Opinion
April 5, 1907.
William B. Hornblower, for the appellant.
William H. Osborne, for the respondent.
We have here presented the not infrequent case of a single sale of real property, with two brokers each claiming to have been the sole efficient cause of the sale, and, therefore, entitled to the commission. There is no pretense or suggestion that defendant has rendered himself liable to pay double commissions, and he, conceding his liability to one or the other of the claimants, but unable to determine between them, and unwilling to do so at his own risk, asks to interplead them, paying the sum claimed into court, and leaving the rival claimants to litigate over it between themselves. There is good reason and ample authority for granting his motion. ( Rasines v. Ives, 85 App. Div. 483; Dreyer v. Rauch, 3 Daly, 434; Shipman v. Scott, 12 Civ. Proc. Rep. 109; Bickart v. Hoffmann, 19 N.Y. Supp. 472.)

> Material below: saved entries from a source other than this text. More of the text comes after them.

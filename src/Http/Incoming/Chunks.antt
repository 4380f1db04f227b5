-- ===== src/Http/Incoming/Chunks.antt =====
-- src/http/incoming/Message.cc: the parser on the lines of a chunked body.
use rikitiki.Base.{
  ℕ, suc, ◌+◌, ◌-◌, ◌%◌, ◌^◌, ◌<◌, true, false, List, [], ◌∷◌, ◌++◌, Option, some, ◌≡◌, ◌≢◌, refl,
  sym, ap, subst, ◌∙◌, arith, ◌==◌, if◌then◌else◌, Bytes, length, take-length, length-append, All,
  append_assoc, ne→==, le→leb, lt→leb-false,
}
use native.Mathlib.Nat.{add_comm}
use rikitiki.Http.Parsing.{body, finished, chunked, size_max}
use rikitiki.Http.Parsing.Reader.{returned, on_data}
use rikitiki.Http.Parsing.Reader.Fuel.{IsDone, on_data_loop-add}
use rikitiki.Http.Parsing.Reader.Line.{IsLine, crlf, at_line, full_line, loop_crlf}
use rikitiki.Http.Incoming.{IMessage, message_data, on_buffered, state_read, body_read, chunk_read}
use rikitiki.Http.Incoming.Client.{stream_client, message_data-IsDone}
use rikitiki.Http.Incoming.Steps.{loop, loop_step}

-- Lines, each with its end, and what they hold without their ends.
abbrev pub lines_text : List Bytes → Bytes
lines_text [] = []
lines_text (l ∷ ls) = l ++ (crlf ++ lines_text ls)

abbrev pub lines_content : List Bytes → Bytes
lines_content [] = []
lines_content (l ∷ ls) = l ++ lines_content ls

abbrev pub IsChunkLine : Bytes → Type 0
IsChunkLine l = IsLine l × (l ≢ [])

length-ne : (l : Bytes) → l ≢ [] → length l ≢ 0
length-ne [] ne = absurd (ne refl)
length-ne (c ∷ l) ne = omega arith

module _ {A : Type 0} (set_startline : A → Bytes → Option A) where
  read_chunk_line :
      (m : IMessage A) (l : Bytes)
      → m.stream_state ≡ body
      → m.body_type ≡ chunked
      → m.is_bad ≡ false
      → length (l ++ crlf) < 2 ^ 63
      → on_buffered set_startline (full_line l) m (l ++ crlf)
        ≡ some (
          full_line l,
          record m {
            content = m.content ++ l;
            stream_state = if length l == 0 then finished else body;
          },
          length l == 0,
        )
  unfolding on_buffered state_read body_read chunk_read
  read_chunk_line m l s b good small =
      let size = length-append l crlf in
      let count : (length (l ++ crlf) + 2 ^ 64 - 2) % 2 ^ 64 ≡ length l = omega (arith, size) in
      let same : (length (l ++ crlf) == 2) ≡ (length l == 0) = ground (arith, size) in
      rw
        (
          s,
          state_read,
          b,
          body_read,
          chunk_read,
          ne→== (length (l ++ crlf)) size_max (omega arith),
          count,
          good,
          lt→leb-false (2 ^ 63) (length l) (omega (arith, size)),
          le→leb (length l) (length (l ++ crlf)) (omega (arith, size)),
          take-length l crlf,
          same,
        )
        (ground arith)

  -- Lines that are not empty, and then an empty line.
  read_chunk_lines :
      (ls : List Bytes) (e : ℕ) (m : IMessage A)
      → m.stream_state ≡ body
      → m.body_type ≡ chunked
      → m.is_bad ≡ false
      → All IsChunkLine ls
      → length (lines_text ls ++ crlf) < 2 ^ 63
      → loop set_startline (suc (length ls)) (at_line e) m (lines_text ls ++ crlf)
        ≡ returned true
            (at_line 2)
            (record m { stream_state = finished; content = m.content ++ lines_content ls })
  read_chunk_lines [] e m s b good plain small =
      loop_crlf (on_buffered set_startline) (stream_client set_startline) 0 e m [] [] tt
        (omega arith)
      ∙ rw (read_chunk_line m [] s b good (omega arith)) refl
  read_chunk_lines (l ∷ ls) e m s b good ((line, ne), plain) small =
      let rest = lines_text ls ++ crlf in
      let text : lines_text (l ∷ ls) ++ crlf ≡ l ++ (crlf ++ rest) =
        append_assoc l (crlf ++ lines_text ls) crlf in
      let all : length (l ++ (crlf ++ rest)) < 2 ^ 63 = subst (λ t. length t < 2 ^ 63) text small in
      let head = length-append l (crlf ++ rest) in
      let here = length-append l crlf in
      let m' = record m { content = m.content ++ l } in
      let one : length l ≢ 0 = length-ne l ne in
      let called = read_chunk_line m l s b good (omega (arith, all, head, here)) in
      let step =
        loop_step set_startline (suc (length ls)) e m m' l rest line (omega (arith, all))
          (rw (ne→== (length l) 0 one, sym s) at called) in
      let later =
        read_chunk_lines ls (length (l ++ crlf)) m' s b good plain (omega (arith, all, head)) in
      ap (loop set_startline (suc (suc (length ls))) (at_line e) m) text
      ∙ step
      ∙ later
      ∙ ap (λ t. returned true (at_line 2) (record m { stream_state = finished; content = t }))
          (append_assoc m.content l (lines_content ls))

  -- In a chunked body every line is content, the lines that give a chunk's size among them, without
  -- its line break; the first empty line ends the message. Every line before it is not empty and
  -- holds no NUL or line break, the reader is at the start of a line, the body's stream is not bad,
  -- and all the bytes are fewer than 2 ^ 63.
  pub message_data-lines :
      (ls : List Bytes) (e : ℕ) (m : IMessage A)
      → m.stream_state ≡ body
      → m.body_type ≡ chunked
      → m.is_bad ≡ false
      → All IsChunkLine ls
      → length (lines_text ls ++ crlf) < 2 ^ 63
      → message_data set_startline (at_line e) m (lines_text ls ++ crlf) []
        ≡ returned true
            (at_line 2)
            (record m { stream_state = finished; content = m.content ++ lines_content ls })
  unfolding message_data on_data
  message_data-lines ls e m s b good plain small =
      let text = lines_text ls ++ crlf in
      let read = read_chunk_lines ls e m s b good plain small in
      let enough = suc (length text) in
      let rounds = suc (length ls) in
      let total = message_data-IsDone set_startline (at_line e) m text tt (omega (arith, small)) in
      sym (on_data_loop-add (on_buffered set_startline) enough rounds (at_line e) m text total)
      ∙ ap (λ f. loop set_startline f (at_line e) m text) (add_comm enough rounds)
      ∙ on_data_loop-add (on_buffered set_startline) rounds enough (at_line e) m text
          (subst IsDone (sym read) tt)
      ∙ read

We find no foundation in the papers for the claim that, in any legal sense, the appellant has disputed the plaintiff's claim. At the most he has expressed only an opinion that it is not well founded.
This is not sufficient to defeat his motion. The order should be reversed, with ten dollars costs and disbursements, and the motion granted, with ten dollars costs, upon the payment into court by defendant of the amount claimed.
PATTERSON, P.J., INGRAHAM, LAUGHLIN and CLARKE, JJ., concurred.
Order reversed, with ten dollars costs and disbursements, and motion granted, with ten dollars costs, upon payment into court by defendant of amount claimed.